At the scene of the robbery the following morning, the car was still there. I had, prior to the bandits’ arrival, disabled it by removing the rotor. But other valuables had gone, including the dissertation for a University of Lagos Masters degree in Mass Communication that I had almost completed, and the typewriter I was using to write the treatise. [We didn’t have palmtops and laptops and desktops in those days.] I decided it was farewell to formal education, and stuck to the resolution until the two ladies that weren’t even acquaintances at the time railroaded me right back to Unizik auditoriums and classrooms.
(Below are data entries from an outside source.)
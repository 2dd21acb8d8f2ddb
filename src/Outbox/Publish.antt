-- ===== src/Outbox/Publish.antt =====
-- `OutboxPublishInteractor` of the three services:
-- apps/ledger/src/application/interactor/outbox-publish/outbox-publish.interactor.ts,
-- apps/core/src/application/interactor/outbox-publish/outbox-publish.interactor.ts and
-- apps/external-integration/src/application/interactor/outbox-publish/outbox-publish.interactor.ts.
-- They differ in `route`, the publisher that an entry goes to by its event. A publisher is a
-- parameter: `true` where it parses the payload and the stream takes the message, `false` where it
-- throws.
use multi_rail_payments_proc.Prelude.{
  ℕ, Bool, false, Option, some, List, [], ◌∷◌, or_else, if◌then◌else◌,
}
use multi_rail_payments_proc.Outbox.{
  OutboxEntity, balance_updated, balance_failed, balance_projection_updated, balance_change_request,
  transfer_create, transfer_held, transaction_event, is_empty, reset_stuck, find_pending, mark_sent,
  increment_retries,
}

pub record LedgerPublishers : Type 0 where
  pub publish_success : (payload : ℕ) → Bool
  pub publish_failed : (payload : ℕ) → Bool
  pub publish_projection : (payload : ℕ) → Bool

unfoldable pub ledger_route : LedgerPublishers → OutboxEntity → Bool
ledger_route p entry = elim (entry.event) [
  | balance_updated ↦ p.publish_success entry.payload
  | balance_failed ↦ p.publish_failed entry.payload
  | balance_projection_updated ↦ p.publish_projection entry.payload
  | _ ↦ false
]

pub record CorePublishers : Type 0 where
  pub publish_changes : (payload : ℕ) → Bool
  pub publish_transfer_create : (payload : ℕ) → Bool
  pub publish_transfer_held : (payload : ℕ) → Bool

unfoldable pub core_route : CorePublishers → OutboxEntity → Bool
core_route p entry = elim (entry.event) [
  | balance_change_request ↦ p.publish_changes entry.payload
  | transfer_create ↦ p.publish_transfer_create entry.payload
  | transfer_held ↦ p.publish_transfer_held entry.payload
  | _ ↦ false
]

unfoldable pub integration_route : (publish : ℕ → Bool) → OutboxEntity → Bool
integration_route publish entry = elim (entry.event) [
  | transaction_event ↦ publish entry.payload
  | _ ↦ false
]

pub record Routed : Type 0 where
  pub sent_ids : List ℕ
  pub failed_ids : List ℕ

-- `MAX_ITEMS`
abbrev pub max_items : ℕ
max_items = 50

module _ (route : OutboxEntity → Bool) where
  unfoldable pub route_entry : OutboxEntity → Routed → Routed
  route_entry entry routed =
      if route entry
      then record routed { sent_ids = entry.id ∷ routed.sent_ids }
      else record routed { failed_ids = entry.id ∷ routed.failed_ids }

  -- The sets of the loop, the first entry at the head.
  unfoldable pub route_all : List OutboxEntity → Routed
  route_all [] = record { sent_ids = []; failed_ids = [] }
  route_all (entry ∷ entries) = route_entry entry (route_all entries)

-- The first transaction.
unfoldable pub claim :
    (locked : Bool) (now : ℕ) → List OutboxEntity → List OutboxEntity × List OutboxEntity
claim locked now rows = find_pending locked max_items now (reset_stuck now rows)

-- The second transaction.
unfoldable pub settle : (now : ℕ) → Routed → List OutboxEntity → Option (List OutboxEntity)
settle now routed rows =
    let marked = if is_empty routed.sent_ids then rows else mark_sent now routed.sent_ids rows in
    if is_empty routed.failed_ids then some marked else increment_retries routed.failed_ids marked

-- The table after a call with no other caller in between; an error of the second transaction is
-- logged.
unfoldable pub publish :
    (route : OutboxEntity → Bool) (locked : Bool) (now later : ℕ)
    → List OutboxEntity
    → List OutboxEntity
publish route locked now later rows =
    let (found, claimed) = claim locked now rows in
    if is_empty found
    then claimed
    else or_else (settle later (route_all route found) claimed) claimed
I later regretted acquiescing to their importunity. The Masters programme was to last an academic session. But it took many more years to accomplish. While at it, my daughter caught a flight for the United Kingdom and returned twelve months later armed with a Masters degree in her area of specialization. Not only that, my son who was a Unizik undergraduate soon left with a science degree. Beside myself with indignation, I vowed to expose the morass that had forced us into dawdling for years for an MA in English. I mobilized fellow journalists for muckraking, only for us to hit outcomes that left everyone pleasantly surprised. We found that what had happened to my course mates was no more than an unfortunate blip, an aberration. We found that Nnamdi Azikiwe University, especially the Arts Faculty that we had specifically targeted, was acquitting itself creditably in terms of its raison d’être. Academic sessions were progressing with the efficiency of a chronometer. Following our eventual graduation, some of my course mates registered for doctoral work in the same English Department. Upon the invitation to be here today, I did a onceover of the Arts Faculty. My findings were exhilarating.
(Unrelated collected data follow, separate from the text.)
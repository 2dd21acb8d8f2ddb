-- ===== src/Outbox/Round.antt =====
-- What a call of the publisher does to each row: `settled_row` is an independent description.
use multi_rail_payments_proc.Prelude.{
  ℕ, ◌+◌, ◌≡◌, refl, sym, ap, ◌∙◌, Bool, true, false, not, ◌&&◌, none, some, List, [], ◌∷◌, map,
  arith, any, nat_beq, nat_beq_iff, leb, All, All-imp, All-map, map_ext, map_id, map-map, any-map,
  or_else, if◌then◌else◌, Bool-cases, inl, inr,
}
use multi_rail_payments_proc.Prelude.Sort.{filter, All-take, All-sort_by, All-filter}
use multi_rail_payments_proc.Outbox.{
  OutboxEntity, pending, sent, processing, is_pending, is_empty, member, ids_of, reset_row,
  reset_stuck, oldest_pending, oldest_first, claim_row, find_pending, mark_sent_row, mark_sent,
  retry_row, overflows, increment_retries,
}
use multi_rail_payments_proc.Outbox.Publish.{
  Routed, max_items, route_entry, route_all, claim, settle, publish,
}

-- Rows with one id are one row, as the primary key has it.
abbrev pub SameRow : OutboxEntity → OutboxEntity → Type 0
SameRow r e = e.id ≡ r.id → e ≡ r

abbrev pub UniqueIds : List OutboxEntity → Type 0
UniqueIds rows = All (λ r. All (SameRow r) rows) rows

abbrev pub found_entries : (locked : Bool) (now : ℕ) → List OutboxEntity → List OutboxEntity
found_entries locked now rows =
    if locked then oldest_pending max_items (reset_stuck now rows) else []

-- A found entry is sent where its publisher takes it, and else is pending again with one more retry.
abbrev pub settled_row :
    (route : OutboxEntity → Bool) (now later : ℕ) (found : List OutboxEntity)
    → OutboxEntity
    → OutboxEntity
settled_row route now later found r =
    if member r.id (ids_of found)
    then if route r
      then record r { status = sent; processing_at = some now; sent_at = some later }
      else record r { status = pending; processing_at = none; retries = r.retries + 1 }
    else r

-- A found entry that its publisher refuses and whose count of retries is full.
abbrev pub is_poison :
    (route : OutboxEntity → Bool) (found : List OutboxEntity) → OutboxEntity → Bool
is_poison route found r = member r.id (ids_of found) && (not (route r) && leb 32767 r.retries)

claim_row-none : (now : ℕ) (r : OutboxEntity) → claim_row now [] r ≡ r
unfolding claim_row
claim_row-none now r = refl

abbrev pub claimed_by :
    (now : ℕ) (found rows : List OutboxEntity) → List OutboxEntity × List OutboxEntity
claimed_by now found rows = (found, map (claim_row now (ids_of found)) rows)

-- The early return where nothing is found changes nothing.
find-claimed :
    (now : ℕ) (found rows : List OutboxEntity)
    → (if is_empty found then ([], rows) else claimed_by now found rows) ≡ claimed_by now found rows
find-claimed now [] rows = rw (map_id (claim_row now []) rows (claim_row-none now)) refl
find-claimed now (e ∷ es) rows = refl

pub claim_lem :
    (locked : Bool) (now : ℕ) (rows : List OutboxEntity)
    → claim locked now rows ≡ claimed_by now (found_entries locked now rows) (reset_stuck now rows)
unfolding claim find_pending
claim_lem false now rows =
    rw (map_id (claim_row now []) (reset_stuck now rows) (claim_row-none now)) refl
claim_lem true now rows =
    find-claimed now (oldest_pending max_items (reset_stuck now rows)) (reset_stuck now rows)

-- An id is sent or failed as the route answers for its row.
route_all-member :
    (route : OutboxEntity → Bool) (r : OutboxEntity) (found : List OutboxEntity)
    → All (SameRow r) found
    → (member r.id (route_all route found).sent_ids ≡ (member r.id (ids_of found) && route r))
      × (member r.id (route_all route found).failed_ids
          ≡ (member r.id (ids_of found) && not (route r)))
unfolding route_all route_entry
route_all-member route r [] h = (refl, refl)
route_all-member route r (e ∷ es) h =
    let rest = route_all-member route r es h.1 in
    elim (Bool-cases (nat_beq e.id r.id)) [
      | inl same ↦
          rw (h.0 ((nat_beq_iff e.id r.id).0 same)) ((ground (arith, rest), ground (arith, rest)))
      | inr other ↦ ground (arith, rest, other)
    ]

map-nil :
    (f : List ℕ → OutboxEntity → OutboxEntity) (ids : List ℕ) (rows : List OutboxEntity)
    → ((r : OutboxEntity) → f [] r ≡ r)
    → (if is_empty ids then rows else map (f ids) rows) ≡ map (f ids) rows
map-nil f [] rows h = sym (map_id (f []) rows h)
map-nil f (i ∷ ids) rows h = refl

any-none : (rows : List OutboxEntity) → any (overflows []) rows ≡ false
any-none [] = refl
any-none (r ∷ rows) = any-none rows

mark_sent_row-none : (later : ℕ) (r : OutboxEntity) → mark_sent_row later [] r ≡ r
unfolding mark_sent_row
mark_sent_row-none later r = refl

retry-nil :
    (ids : List ℕ) (rows : List OutboxEntity)
    → (if is_empty ids then some rows else increment_retries ids rows) ≡ increment_retries ids rows
unfolding increment_retries retry_row
retry-nil (i ∷ ids) rows = refl
retry-nil [] rows = rw (any-none rows, map_id (retry_row []) rows (λ r. refl)) refl

-- The guards of the second transaction skip what would change nothing.
pub settle_lem :
    (later : ℕ) (routed : Routed) (rows : List OutboxEntity)
    → settle later routed rows
      ≡ increment_retries routed.failed_ids (map (mark_sent_row later routed.sent_ids) rows)
unfolding settle mark_sent
settle_lem later routed rows =
    retry-nil routed.failed_ids _
    ∙ ap (increment_retries routed.failed_ids)
        (map-nil (mark_sent_row later) routed.sent_ids rows (mark_sent_row-none later))

-- Updates of single rows that keep the id keep ids unique.
pub map-UniqueIds :
    (f : OutboxEntity → OutboxEntity) (rows : List OutboxEntity)
    → ((r : OutboxEntity) → (f r).id ≡ r.id)
    → UniqueIds rows
    → UniqueIds (map f rows)
map-UniqueIds f rows keep h =
    All-map (λ r. All (SameRow r) (map f rows)) f rows
      (All-imp
        (λ r known.
          All-map (SameRow (f r)) f rows
            (All-imp (λ e one same. ap f (one (sym (keep e) ∙ same ∙ keep r))) rows known))
        rows h)

pub reset_row-id : (now : ℕ) (r : OutboxEntity) → (reset_row now r).id ≡ r.id
unfolding reset_row
reset_row-id now r = ground arith

pub reset_stuck-UniqueIds :
    (now : ℕ) (rows : List OutboxEntity) → UniqueIds rows → UniqueIds (reset_stuck now rows)
unfolding reset_stuck
reset_stuck-UniqueIds now rows h = map-UniqueIds (reset_row now) rows (reset_row-id now) h

found-SameRow :
    (locked : Bool) (now : ℕ) (rows : List OutboxEntity) (r : OutboxEntity)
    → All (SameRow r) (reset_stuck now rows)
    → All (SameRow r) (found_entries locked now rows)
unfolding oldest_pending
found-SameRow false now rows r h = tt
found-SameRow true now rows r h =
    let left = reset_stuck now rows in
    All-take (SameRow r) max_items _ (
      All-sort_by (SameRow r) oldest_first (filter is_pending left)
        (All-filter (SameRow r) is_pending left (All-imp (λ e known yes. known) left h)))

-- One row through the two updates of the second transaction.
settled_row_lem :
    (route : OutboxEntity → Bool) (now later : ℕ) (found : List OutboxEntity) (r : OutboxEntity)
    → All (SameRow r) found
    → let routed = route_all route found in
      (retry_row routed.failed_ids
          (mark_sent_row later routed.sent_ids (claim_row now (ids_of found) r))
        ≡ settled_row route now later found r)
      × (overflows routed.failed_ids
            (mark_sent_row later routed.sent_ids (claim_row now (ids_of found) r))
          ≡ is_poison route found r)
unfolding retry_row mark_sent_row claim_row
settled_row_lem route now later found r h =
    let split = route_all-member route r found h in
    elim (Bool-cases (member r.id (ids_of found))) [
      | inl in_batch ↦ elim (Bool-cases (route r)) [
        | inl took ↦
            let sent_it : member r.id (route_all route found).sent_ids ≡ true =
              ground (arith, split, in_batch, took) in
            let kept : member r.id (route_all route found).failed_ids ≡ false =
              ground (arith, split, in_batch, took) in
            rw (in_batch, sent_it, kept, took) (refl, refl)
        | inr threw ↦
            let sent_it : member r.id (route_all route found).sent_ids ≡ false =
              ground (arith, split, in_batch, threw) in
            let kept : member r.id (route_all route found).failed_ids ≡ true =
              ground (arith, split, in_batch, threw) in
            rw (in_batch, sent_it, kept, threw) (refl, refl)
      ]
      | inr out ↦
          let sent_it : member r.id (route_all route found).sent_ids ≡ false =
            ground (arith, split, out) in
          let kept : member r.id (route_all route found).failed_ids ≡ false =
            ground (arith, split, out) in
          rw (out, sent_it, kept) (refl, refl)
    ]

settle-found :
    (route : OutboxEntity → Bool) (now later : ℕ) (found left : List OutboxEntity)
    → All (λ r. All (SameRow r) found) left
    → settle later (route_all route found) (map (claim_row now (ids_of found)) left) ≡ (
        if any (is_poison route found) left
        then none
        else some (map (settled_row route now later found) left))
unfolding increment_retries
settle-found route now later found left h =
    let routed = route_all route found in
    let mark = mark_sent_row later routed.sent_ids in
    let claimed = claim_row now (ids_of found) in
    let each = All-imp (settled_row_lem route now later found) left h in
    settle_lem later routed (map claimed left)
    ∙ rw
        (
          map-map claimed mark left,
          any-map (λ r. mark (claimed r)) (overflows routed.failed_ids) (is_poison route found) left
              (All-imp (λ r both. both.1) left each),
          map-map (λ r. mark (claimed r)) (retry_row routed.failed_ids) left,
          map_ext (λ r. retry_row routed.failed_ids (mark (claimed r)))
              (settled_row route now later found) left (All-imp (λ r both. both.0) left each),
        )
        refl

-- What a call leaves of the rows after the reset.
abbrev pub round_rows :
    (route : OutboxEntity → Bool) (now later : ℕ) (found left : List OutboxEntity)
    → List OutboxEntity
round_rows route now later found left =
    if any (is_poison route found) left
    then map (claim_row now (ids_of found)) left
    else map (settled_row route now later found) left

any-poison :
    (route : OutboxEntity → Bool) (rows : List OutboxEntity) → any (is_poison route []) rows ≡ false
any-poison route [] = refl
any-poison route (r ∷ rows) = any-poison route rows

publish-found :
    (route : OutboxEntity → Bool) (now later : ℕ) (found left : List OutboxEntity)
    → All (λ r. All (SameRow r) found) left
    → (if is_empty found
        then map (claim_row now (ids_of found)) left
        else or_else
            (settle later (route_all route found) (map (claim_row now (ids_of found)) left))
            (map (claim_row now (ids_of found)) left))
      ≡ round_rows route now later found left
publish-found route now later [] left h =
    rw
      (
        any-poison route left,
        map_id (claim_row now []) left (claim_row-none now),
        map_id (λ r. r) left (λ r. refl),
      )
      refl
publish-found route now later (e ∷ es) left h =
    rw (settle-found route now later (e ∷ es) left h)
      (elim (Bool-cases (any (is_poison route (e ∷ es)) left)) [
        | inl poisoned ↦ rw poisoned refl
        | inr clean ↦ rw clean refl
      ])

pub publish-round_rows :
    (route : OutboxEntity → Bool) (locked : Bool) (now later : ℕ) (rows : List OutboxEntity)
    → UniqueIds rows
    → publish route locked now later rows
      ≡ round_rows route now later (found_entries locked now rows) (reset_stuck now rows)
unfolding publish
publish-round_rows route locked now later rows h =
    let left = reset_stuck now rows in
    rw (claim_lem locked now rows) (
      publish-found route now later (found_entries locked now rows) left
        (All-imp (found-SameRow locked now rows) left (reset_stuck-UniqueIds now rows h)))

claim_row-processing :
    (now : ℕ) (ids : List ℕ) (rows : List OutboxEntity)
    → All
        (λ (r : OutboxEntity). r.status ≡ processing)
        (filter (λ (r : OutboxEntity). member r.id ids) (map (claim_row now ids) rows))
unfolding claim_row
claim_row-processing now ids [] = tt
claim_row-processing now ids (r ∷ rows) =
    let rest = claim_row-processing now ids rows in
    elim (Bool-cases (member r.id ids)) [
      | inl in_batch ↦ rw (in_batch, in_batch) (refl, rest)
      | inr out ↦ rw (out, out) rest
    ]

-- Where ids are unique, one found entry that is refused with a full count of retries keeps all found
-- entries in processing, those that were published included.
pub publish-poisoned :
    (route : OutboxEntity → Bool) (locked : Bool) (now later : ℕ) (rows : List OutboxEntity)
    → UniqueIds rows
    → any (is_poison route (found_entries locked now rows)) (reset_stuck now rows) ≡ true
    → All
        (λ (r : OutboxEntity). r.status ≡ processing)
        (filter
          (λ (r : OutboxEntity). member r.id (ids_of (found_entries locked now rows)))
          (publish route locked now later rows))
publish-poisoned route locked now later rows h poisoned =
    rw (publish-round_rows route locked now later rows h, poisoned)
      (claim_row-processing now (ids_of (found_entries locked now rows)) (reset_stuck now rows))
I found that the Faculty has 10 solidly established Departments, thus:
- English Language and Literature.
- History and International Studies.
- Igbo, African and Asian Studies.
- Modern European Languages.
- Religion and Human Relations.
- Philosophy, and
- Theatre and Film Studies.
Further, since the inception of the university in 1991, the Arts Faculty has graduated some 4,189 students that undertook regular studies and 748 that underwent Part-time programmes. The Faculty has awarded 271 doctorate degrees, 816 Masters degrees and 36 Postgraduate diplomas. It currently has under tutelage some 2,611 regular students, 451 Part-time students in undergraduate work, and a total of 485 students pursuing postgraduate diplomas and MA and PhD degrees. In my book, this distinction is stunning. As someone who prefers to learn from the titans, I had no option but to say a resounding yes when the invitation came for me to share my thoughts with you. That is the Allure of the Humanities.
I thank you for your time.
- Chuks Iloegbunam delivered this lecure on the occasion of the 2018 Grand Alumni/Friends Homecoming of the Faculty of Arts, Nnamdi Azikiwe University, Awka, on April 26, 2018.